Are the clanging guitar reverberations and haunting monotone bass plucks of 'Impatience' as haunting as a John Carpenter soundtrack? Yeah, sure. But then those purring synthesizers, peaking and dipping like a curled mobius-strip, accommodate singer-songwriter Derek Stanton's characteristic high wavery-vocals and it just keeps pulling you, like a slow-motion close-up down a hallway toward the open door leading out onto the littered streets of a cloudy day in some weary-looking urban milieu... If you're seeing any scenery to Stanton's cinematic-sounding grime-rock, then it would have to be Detroit, where the former Awesome Color frontman was born and raised and from whence he wrote and recorded Actions.

But just when you feel you're propelled through some rubble-strewn, dystopic documentary film, he switches it up with rousing anthems, half space-rock velocity and half new-wave groove, with buoyant melodies and driving guitars, as with the rollicking beat of 'Without A Care' and the feather-footed percussion of the album's title track. Adorned with resplendent cascading guitars between verses, 'Actions' is easily the stand-out track. But before you think you've stepped into some cheery pop ditty, you bend your ear in closer and hear that compelling, creaky timbre of Stanton's vocal as it pairs up to the melody of that slinky synthesizer and you hear the poetic hit against hypocrisies... "Actions speak louder than words..." goes the swirling chorus, before he sets his sights: "All that fucked-up shit / goin' on in Detroit / you know we've got to get...get to the point..."
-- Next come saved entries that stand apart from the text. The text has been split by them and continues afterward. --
-- ===== src/Tests/Replies.antt =====
-- Automatic replies at concrete inputs.
use titlani.Base.{ℕ, true, false, [], ◌∷◌, none, ◌≡◌, refl, arith, length}
use titlani.Str.Core.{Text, codes, contains}
use titlani.Content.Address.{MisfinAddress, address}
use titlani.Content.Gemmail.{GemmailMessage, subject}
use titlani.Server.Lists.{exists}
use titlani.Server.State.{Local, lookup}
use titlani.Server.Delivery.{auto_reply, reply_due, subject_or_empty}
use titlani.Server.Delivery.RateLimit.{Arrival, arrive, arrive_all, auto_reply-once}
use titlani.Tests.Machine.{handlers, machine}
use titlani.Tests.Server.{config, now, box}

abbrev sender : Text → MisfinAddress
sender mailbox = record { mailbox = mailbox; hostname = codes "b"; blurb = [] }

abbrev message : Text → GemmailMessage ℕ
message mailbox = record {
  senders = sender mailbox ∷ [];
  recipients = [];
  timestamps = [];
  body = codes "hi\n";
}

abbrev before : Local ℕ
before = record { box = box; subscription_store = none; auto_reply_last_sent = []; tasks = [] }

abbrev arrival : ℕ → Text → Arrival machine config
arrival at mailbox = record {
  readings = record now { replied_at = at };
  mailbox = codes "m";
  box = box;
  message = message mailbox;
}

there : exists box.auto_reply ≡ true
unfolding handlers
there = refl

plain :
    contains (codes "[Auto-Reply]") (subject_or_empty machine (subject (message (codes "a"))))
    ≡ false
unfolding handlers
plain = refl

due :
    reply_due machine config.auto_reply_interval 4
      (lookup (machine.lower (address (sender (codes "a")))) before.auto_reply_last_sent)
    ≡ true
unfolding handlers
due = refl

same_sender :
    machine.lower (address (sender (codes "A"))) ≡ machine.lower (address (sender (codes "a")))
unfolding handlers
same_sender = refl

-- another sender is answered in between
auto_reply-once_example :
    let done =
      arrive_all machine config
        (arrival 7 (codes "c") ∷ [])
        (arrive machine config (arrival 4 (codes "a")) before) in
    arrive machine config (arrival 10000003 (codes "A")) done ≡ record done { box = box }
auto_reply-once_example =
    auto_reply-once machine config (arrival 4 (codes "a")) (arrival 10000003 (codes "A"))
      (arrival 7 (codes "c") ∷ []) (sender (codes "a")) (sender (codes "A")) [] [] before refl refl
      same_sender there plain due (omega arith, (omega arith, tt))

replies-started :
    length
      (arrive_all machine config
        (arrival 4 (codes "a") ∷ arrival 7 (codes "c") ∷ arrival 10000003 (codes "A") ∷ [])
        before).tasks
    ≡ 2
unfolding handlers auto_reply arrive arrive_all
replies-started = refl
But back to that careful assemblage of eerie/cool ambiance... Stanton sets the mood from the opening track, 'This Is What You Wanted', with ominous drones and rattling, chime-like jitters from the guitar and synthesizer, swelling for a good 90 seconds as if it's the opening credits sequence, before a Kraftwerkian computer-fuzzed drum beat bursts in and Stanton affects a cool/caustic croon.

From there, like a subway train barreling steadily down a tunnel, it picks up sonic passengers, like a searing guitar, multi-tracked vocal harmonies, each element becoming more expressive, more guitars, coalescing drones, building, upward, forward, filling up the sound... distorting it ever so slightly, forward and forward, into a sublime cloud of reverb.